■ **Your objective**: Copy word for word, please, the lines of the entries below running from the one containing "λ p' q i m hp" to the one containing "(set_phase-IsExclusive p (unlocked i shared)", both ends included.
*** Supplied records ***
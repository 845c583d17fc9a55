-- ===== src/Index/Flock/Exclusion.antt =====
-- What the locks do exclude.
use graphatlas.Prelude.{ℕ, ◌≡◌, arith, some}
use graphatlas.Index.Lock.{LockMode, exclusive, shared}
use graphatlas.Index.Flock.{
  Phase, idle, opened, holding, unlocked, World, set_phase, Grants, unlinked, Block,
  acquire_existing, acquire_new, release, die, BlockReach,
}
use graphatlas.Index.Flock

-- On each inode an exclusive holder is alone.
abbrev pub IsExclusive : World → Type 0
IsExclusive w =
    (p q i : ℕ) (mode : LockMode)
    → w.proc p ≡ holding i exclusive
    → w.proc q ≡ holding i mode
    → p ≡ q

abbrev IsHolding : Phase → Type 0
IsHolding (holding i mode) = Unit
IsHolding _ = ⊥

-- A process that comes to hold nothing changes nothing for the others.
set_phase-IsExclusive :
    (r : ℕ) (phase : Phase) (w : World)
    → ¬ IsHolding phase
    → IsExclusive w
    → IsExclusive (set_phase r phase w)
set_phase-IsExclusive r idle w n h p q i mode hp hq = ground (arith, h p q i mode)
set_phase-IsExclusive r (opened j) w n h p q i mode hp hq = ground (arith, h p q i mode)
set_phase-IsExclusive r (holding j m) w n h p q i mode hp hq = absurd (n tt)
set_phase-IsExclusive r (unlocked j m) w n h p q i mode hp hq = ground (arith, h p q i mode)

lock-IsExclusive :
    (r j : ℕ) (m : LockMode) (w : World)
    → Grants m j w
    → IsExclusive w
    → IsExclusive (set_phase r (holding j m) w)
lock-IsExclusive r j exclusive w g h p q i mode hp hq =
    ground (arith, h p q i mode, g p exclusive, g q mode)
lock-IsExclusive r j shared w g h p q i mode hp hq = ground (arith, h p q i mode, g p)

unlinked-IsExclusive : (m : LockMode) (w : World) → IsExclusive w → IsExclusive (unlinked m w)
unlinked-IsExclusive exclusive w h = h
unlinked-IsExclusive shared w h = h

-- All holders hold the file that the path names, which is no fresh inode.
abbrev IsCurrent : World → Type 0
IsCurrent w = (p i : ℕ) (mode : LockMode) → w.proc p ≡ holding i mode → w.path ≡ some i

Block-keeps :
    {w w' : World} → Block w w' → IsExclusive w × IsCurrent w → IsExclusive w' × IsCurrent w'
Block-keeps {w} (acquire_existing p i mode a b g) (x, c) = (
  lock-IsExclusive p i mode (set_phase p (opened i) w) g
      (set_phase-IsExclusive p (opened i) w (λ x. x) x),
  λ q j m h. ground (arith, c q j m),
)
Block-keeps {w} (acquire_new p mode a b) (x, c) = (
  λ p' q i m hp hq. ground (arith, c p' i exclusive, c q i m),
  λ q j m h. ground (arith, c q j m),
)
Block-keeps {w} (release p i exclusive a) (x, c) = (
  set_phase-IsExclusive p idle (unlinked exclusive (set_phase p (unlocked i exclusive) w)) (λ x. x)
      (unlinked-IsExclusive exclusive (set_phase p (unlocked i exclusive) w)
        (set_phase-IsExclusive p (unlocked i exclusive) w (λ x. x) x)),
  λ q j m h. ground (arith, c q j m, c p i exclusive, x p q i m),
)
Block-keeps {w} (release p i shared a) (x, c) = (
  set_phase-IsExclusive p idle (unlinked shared (set_phase p (unlocked i shared) w)) (λ x. x)
      (unlinked-IsExclusive shared (set_phase p (unlocked i shared) w)
        (set_phase-IsExclusive p (unlocked i shared) w (λ x. x) x)),
  λ q j m h. ground (arith, c q j m),
)
Block-keeps {w} (die p) (x, c) =
    (set_phase-IsExclusive p idle w (λ x. x) x, λ q j m h. ground (arith, c q j m))

BlockReach-keeps : {w : World} → BlockReach w → IsExclusive w × IsCurrent w
BlockReach-keeps Flock.BlockReach.here = (λ p q i mode hp hq. cc, λ p i mode h. cc)
BlockReach-keeps (Flock.BlockReach.block r s) = Block-keeps s (BlockReach-keeps r)

-- If no process opens, locks, or unlinks between the two halves of another's acquire or release,
-- then an exclusive holder is the only holder of any file that lock.pid ever was.
pub uninterrupted_exclusion :
    {w : World}
    → BlockReach w
    → (p q i j : ℕ) (mode : LockMode) → w.proc p ≡ holding i exclusive
    → w.proc q ≡ holding j mode
    → p ≡ q
uninterrupted_exclusion {w} r p q i j mode hp hq =
    let (x, c) = BlockReach-keeps r in ground (arith, c p i exclusive, c q j mode, x p q i mode)
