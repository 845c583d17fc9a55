-- ===== src/Index/Store.antt =====
-- crates/ga-index/src/store.rs: one process's view of a cache. A `&mut self` method returns the
-- store beside its result; the layout is the one cache directory of the disk.
pub mod Open
pub mod Prepared
pub mod Calm
pub mod Opening
pub mod Recovery
pub mod Committed
pub mod Readers
pub mod Mirror
pub mod Rebuilding
pub mod Refusals
pub mod Commit
pub mod Reindex
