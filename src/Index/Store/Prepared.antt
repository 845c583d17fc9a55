-- ===== src/Index/Store/Prepared.antt =====
-- The directory checks of an open succeed where the calls out do and the directories are sound.
use graphatlas.Prelude.{ℕ, List, none, some, true, false, ◌≡◌, refl, ◌∙◌, ◌⊎◌, inl, inr, arith}
use graphatlas.Index.Disk.{Metadata, Disk, Env, SysCall, granted, ok, DbFile, ◌>>◌, >>=-ok}
use graphatlas.Index.Disk.{create_cache_root, create_cache_dir}
use graphatlas.Index.CacheDir.{
  unsafe_path, unsafe_root, validate_cache_dir_override, ensure_cache_root, verify_dir_perms,
  ensure_dir,
}
use graphatlas.Index.Store.Open.{prepare}

abbrev pub SameDirs : Disk → Disk → Type 0
SameDirs d d' = (d'.root_mode ≡ d.root_mode) × (d'.dir_mode ≡ d.dir_mode)

pub SameDirs-trans : (a b c : Disk) → SameDirs a b → SameDirs b c → SameDirs a c
SameDirs-trans a b c p q = (q.0 ∙ p.0, q.1 ∙ p.1)

pub record IsCalm (env : Env) : Type 0 where
  pub oks : (c : SysCall) → env.ok? c ≡ true
  pub granted : env.flock ≡ granted

-- A directory that an open accepts.
pub record IsTidy (root : List ℕ) (d : Disk) : Type 0 where
  pub path : unsafe_path root ≡ false
  pub root_mode : unsafe_root d.root_mode ≡ false
  pub dir_mode : (d.dir_mode ≡ none) ⊎ (d.dir_mode ≡ some 0o700)

-- Files that an open accepts.
pub record IsReadable (d : Disk) : Type 0 where
  pub metadata :
      (d.metadata_json ≡ none)
      ⊎ ((m : Metadata) × (d.metadata_json ≡ some (record { mode = 0o600; body = some m })))
  pub database : (d.graph_db ≡ none) ⊎ ((f : DbFile) × (d.graph_db ≡ some f) × (f.mode ≡ 0o600))

validate_calm :
    (root : List ℕ) (d : Disk) → IsTidy root d → validate_cache_dir_override root d ≡ (ok tt, d)
unfolding validate_cache_dir_override
validate_calm root d t = rw (t.path) (rw (t.root_mode) refl)

ensure_cache_root_calm :
    (env : Env) (d : Disk)
    → IsCalm env
    → ensure_cache_root env d ≡ (ok tt, record d { root_mode = some 0o700 })
unfolding ensure_cache_root
ensure_cache_root_calm env d c = rw (c.oks create_cache_root) refl

ensure_dir_calm :
    (env : Env) (d : Disk)
    → IsCalm env
    → (d.dir_mode ≡ none) ⊎ (d.dir_mode ≡ some 0o700)
    → (d' : Disk) × (ensure_dir env d ≡ (ok tt, d'))
      × (d'.dir_mode ≡ some 0o700)
      × (d'.root_mode ≡ d.root_mode)
      × (d'.metadata_json ≡ d.metadata_json)
      × (d'.graph_db ≡ d.graph_db)
unfolding ensure_dir verify_dir_perms
ensure_dir_calm env d c (inl e) = (
  record d { dir_mode = some 0o700 },
  ground (arith, e, c.oks create_cache_dir),
  refl,
  refl,
  refl,
  refl,
)
ensure_dir_calm env d c (inr e) = (d, ground (arith, e), e, refl, refl, refl)

-- What `prepare` leaves: sound directories, and the same files.
abbrev pub IsPrepared : Disk → Disk → Type 0
IsPrepared d d' =
    (d'.dir_mode ≡ some 0o700)
    × (d'.root_mode ≡ some 0o700)
    × (d'.metadata_json ≡ d.metadata_json)
    × (d'.graph_db ≡ d.graph_db)

pub prepare_calm :
    (env : Env) (root : List ℕ) (d : Disk)
    → IsCalm env
    → IsTidy root d
    → (d' : Disk) × (prepare env root d ≡ (ok tt, d')) × IsPrepared d d'
unfolding prepare
prepare_calm env root d c t =
    let (d', e, m, r, j, g) =
      ensure_dir_calm env (record d { root_mode = some 0o700 }) c t.dir_mode in
    (
      d',
      >>=-ok (validate_cache_dir_override root) (λ _. ensure_cache_root env >> ensure_dir env) d
            (validate_calm root d t)
          ∙ >>=-ok (ensure_cache_root env) (λ _. ensure_dir env) d (ensure_cache_root_calm env d c)
          ∙ e,
      (m, r, j, g),
    )
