-- ===== src/Index/Store/Calm.antt =====
-- Where every call out succeeds, the lock is free and the cache directory is sound, the store's
-- operations succeed.
pub mod Rebuild
use graphatlas.Prelude.{
  ℕ, String, List, Option, none, some, true, false, ◌≡◌, refl, ap, ◌∙◌, ◌⊎◌, inl, inr, arith,
  Option-cases,
}
use graphatlas.Core.{IndexState, building, complete}
use graphatlas.Index.Disk.{
  Metadata, Disk, Env, SysCall, granted, ok, err, DbFile, Result, M, ◌>>=◌, ◌>>◌, return, >>=-ok,
}
use graphatlas.Index.Disk.{
  create_cache_root, create_cache_dir, read_metadata, write_metadata, open_lock_file, write_sidecar,
  remove_metadata, remove_graph_db, open_rw, open_ro, connect, run_ddl, merge_generation,
  chmod_graph_db,
}
use graphatlas.Index.CacheDir.{
  unsafe_path, unsafe_root, validate_cache_dir_override, ensure_cache_root, verify_dir_perms,
  ensure_dir, verify_file_perms,
}
use graphatlas.Index.Metadata.{
  SchemaDecision, no_cache, match, mismatch, crashed_building, cold_load, parsed, load_from,
  decide_schema, begin_indexing_with_schema, write, new_building,
}
use graphatlas.Index.Lock.{
  LockMode, exclusive, acquired, try_acquire, update_sidecar, write_sidecar_in_place, release,
  create_lock_file,
}
use graphatlas.Index.Generation.{nuke_cache_files, populate_root_hash, bump_graph_generation}
use graphatlas.Index.Wait.{Peers}
use graphatlas.Index.Store.Open.{
  Store, nuke_if_rebuild, metadata_for, verify_graph_db, create_graph_db, open_rw_db,
  clamp_graph_db, open_db, open_body, opened, open_with_lock, prepare, open_with_root_and_schema,
  open_with_root_and_schema_with_lock, drop_store,
}
use graphatlas.Index.Store.Commit.{After, seal_for_serving, write_and_seal, commit_in_place}
use graphatlas.Index.Store.Reindex.{reindex_with, reindex_in_place}
use graphatlas.Index.Store.Prepared.{
  IsCalm, IsTidy, IsReadable, IsPrepared, SameDirs, SameDirs-trans, prepare_calm,
}

cold_load_calm :
    (env : Env) (binary : ℕ) (d : Disk)
    → IsCalm env
    → IsReadable d
    → (x : SchemaDecision) × (cold_load env binary d ≡ (ok x, d))
unfolding cold_load load_from parsed verify_file_perms
cold_load_calm env binary d c r = elim (r.metadata) [
  | inl e ↦ (no_cache, ground (arith, e))
  | inr (m, e) ↦ (decide_schema binary m, ground (arith, e, c.oks read_metadata))
]

-- A graph.db that an open accepts.
abbrev IsOpenable : Disk → Type 0
IsOpenable d = (d.graph_db ≡ none) ⊎ ((f : DbFile) × (d.graph_db ≡ some f) × (f.mode ≡ 0o600))

begin_calm :
    (env : Env) (repo : String) (binary : ℕ) (d : Disk)
    → IsCalm env
    → begin_indexing_with_schema env repo binary d ≡ (
      ok (new_building env repo binary),
      record d {
        metadata_json = some (record { mode = 0o600; body = some (new_building env repo binary) });
      },
    )
unfolding begin_indexing_with_schema write
begin_calm env repo binary d c = rw (c.oks write_metadata) refl

metadata_for_calm :
    (env : Env) (repo : String) (binary : ℕ) (x : SchemaDecision) (d : Disk)
    → IsCalm env
    → (m : Metadata) × (d' : Disk) × (metadata_for env repo binary x d ≡ (ok m, d'))
      × (d'.graph_db ≡ d.graph_db)
      × (SameDirs d d')
unfolding metadata_for
metadata_for_calm env repo binary no_cache d c =
    (_, _, begin_calm env repo binary d c, refl, (refl, refl))
metadata_for_calm env repo binary (match m) d c = (m, d, refl, refl, (refl, refl))
metadata_for_calm env repo binary (mismatch _ _) d c =
    (_, _, begin_calm env repo binary d c, refl, (refl, refl))
metadata_for_calm env repo binary (crashed_building _) d c =
    (_, _, begin_calm env repo binary d c, refl, (refl, refl))

nuke-IsOpenable :
    (env : Env) (x : SchemaDecision) (d : Disk)
    → IsCalm env
    → IsOpenable d
    → IsOpenable (nuke_if_rebuild env x d)
unfolding nuke_if_rebuild nuke_cache_files
nuke-IsOpenable env no_cache d c o = o
nuke-IsOpenable env (match _) d c o = o
nuke-IsOpenable env (mismatch _ _) d c o = inl (ground (arith, c.oks remove_graph_db))
nuke-IsOpenable env (crashed_building _) d c o = inl (ground (arith, c.oks remove_graph_db))

open_db_calm :
    (env : Env) (d : Disk)
    → IsCalm env
    → IsOpenable d
    → (d' : Disk) × (open_db env d ≡ (ok tt, d')) × SameDirs d d'
unfolding open_db verify_graph_db verify_file_perms open_rw_db create_graph_db clamp_graph_db
open_db_calm env d c (inl e) = (
  record d { graph_db = some (record { mode = 0o600; generation_row = none }) },
  ground (arith, e, c.oks open_rw, c.oks chmod_graph_db, c.oks connect, c.oks run_ddl),
  (refl, refl),
)
open_db_calm env d c (inr (f, e, m)) = (
  record d { graph_db = some (record f { mode = 0o600 }) },
  ground (arith, e, m, c.oks open_rw, c.oks chmod_graph_db, c.oks connect, c.oks run_ddl),
  (refl, refl),
)

nuke_if_rebuild-SameDirs :
    (env : Env) (x : SchemaDecision) (d : Disk) → SameDirs d (nuke_if_rebuild env x d)
unfolding nuke_if_rebuild nuke_cache_files
nuke_if_rebuild-SameDirs env no_cache d = (refl, refl)
nuke_if_rebuild-SameDirs env (match _) d = (refl, refl)
nuke_if_rebuild-SameDirs env (mismatch _ _) d = (refl, refl)
nuke_if_rebuild-SameDirs env (crashed_building _) d = (refl, refl)

update_sidecar-SameDirs :
    (env : Env) (g : String) (lock : LockMode) (d : Disk) → SameDirs d (update_sidecar env g lock d)
unfolding update_sidecar write_sidecar_in_place
update_sidecar-SameDirs env g lock d = ground arith

abbrev after_load : Env → String → ℕ → SchemaDecision → M (SchemaDecision × Metadata)
after_load env repo binary x d =
    (metadata_for env repo binary x >>= λ m. open_db env >> return (x, m)) (nuke_if_rebuild env x d)

open_body_calm :
    (env : Env) (repo : String) (binary : ℕ) (d : Disk)
    → IsCalm env
    → IsReadable d
    → (x : SchemaDecision × Metadata) × (d' : Disk) × (open_body env repo binary d ≡ (ok x, d'))
      × SameDirs d d'
unfolding open_body
open_body_calm env repo binary d c r =
    let (x, e) = cold_load_calm env binary d c r in
    let (m, d₁, e₁, g, same) = metadata_for_calm env repo binary x (nuke_if_rebuild env x d) c in
    let o : IsOpenable d₁ = rw g (nuke-IsOpenable env x d c r.database) in
    let (d₂, e₂, same') = open_db_calm env d₁ c o in
    (
      (x, m),
      d₂,
      >>=-ok (cold_load env binary) (after_load env repo binary) d e
          ∙ >>=-ok (metadata_for env repo binary x) (λ m. open_db env >> return (x, m))
              (nuke_if_rebuild env x d) e₁
          ∙ >>=-ok (open_db env) (λ _. return (x, m)) d₁ e₂,
      SameDirs-trans d (nuke_if_rebuild env x d) d₂ (nuke_if_rebuild-SameDirs env x d)
          (SameDirs-trans (nuke_if_rebuild env x d) d₁ d₂ same same'),
    )

pub open_with_lock_calm :
    (env : Env) (repo : String) (binary : ℕ) (lock : LockMode) (d : Disk)
    → IsCalm env
    → IsReadable d
    → (x : SchemaDecision × Metadata) × (d' : Disk) × (open_with_lock env repo binary lock d
        ≡ (ok (opened x.0 x.1 lock), d'))
      × SameDirs d d'
unfolding open_with_lock
open_with_lock_calm env repo binary lock d c r =
    let (x, d', e, same) = open_body_calm env repo binary d c r in
    (
      x,
      update_sidecar env x.1.index_generation lock d',
      ap
          (λ (r : Result (SchemaDecision × Metadata) × Disk).
            elim (r.0) as (λ _. Result Store × Disk) [
              | ok made ↦ (
                ok (opened made.0 made.1 lock),
                update_sidecar env made.1.index_generation lock r.1,
              )
              | err y ↦ (err y, release env lock r.1)
            ])
          e,
      SameDirs-trans d d' (update_sidecar env x.1.index_generation lock d') same
          (update_sidecar-SameDirs env x.1.index_generation lock d'),
    )

-- An open under the lock that begins at the directories.
pub open_with_root_calm :
    (env : Env) (root : List ℕ) (repo : String) (binary : ℕ) (lock : LockMode) (d : Disk)
    → IsCalm env
    → IsTidy root d
    → IsReadable d
    → (x : SchemaDecision × Metadata) × (d' : Disk) × (open_with_root_and_schema_with_lock env root
          repo binary lock d
        ≡ (ok (opened x.0 x.1 lock), d'))
      × IsTidy root d'
unfolding open_with_root_and_schema_with_lock unsafe_root
open_with_root_calm env root repo binary lock d c t r =
    let (d₁, e₁, (dir, top, j, g)) = prepare_calm env root d c t in
    let r₁ : IsReadable d₁ = record { metadata = rw j r.metadata; database = rw g r.database } in
    let (x, d₂, e₂, same) = open_with_lock_calm env repo binary lock d₁ c r₁ in
    (
      x,
      d₂,
      ap
            (λ (r : Result (Unit {0}) × Disk). elim (r.0) as (λ _. Result Store × Disk) [
              | ok _ ↦ open_with_lock env repo binary lock r.1
              | err y ↦ (err y, release env lock r.1)
            ])
            e₁
          ∙ e₂,
      record {
        path = t.path;
        root_mode = ground (arith, same.0, top);
        dir_mode = inr (same.1 ∙ dir);
      },
    )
***
■ **Result**:
  λ p' q i m hp hq. ground (arith, c p' i exclusive, c q i m),
  λ q j m h. ground (arith, c q j m),
)
Block-keeps {w} (release p i exclusive a) (x, c) = (
  set_phase-IsExclusive p idle (unlinked exclusive (set_phase p (unlocked i exclusive) w)) (λ x. x)
      (unlinked-IsExclusive exclusive (set_phase p (unlocked i exclusive) w)
        (set_phase-IsExclusive p (unlocked i exclusive) w (λ x. x) x)),
  λ q j m h. ground (arith, c q j m, c p i exclusive, x p q i m),
)
Block-keeps {w} (release p i shared a) (x, c) = (
  set_phase-IsExclusive p idle (unlinked shared (set_phase p (unlocked i shared) w)) (λ x. x)
      (unlinked-IsExclusive shared (set_phase p (unlocked i shared) w)
        (set_phase-IsExclusive p (unlocked i shared) w (λ x. x) x)),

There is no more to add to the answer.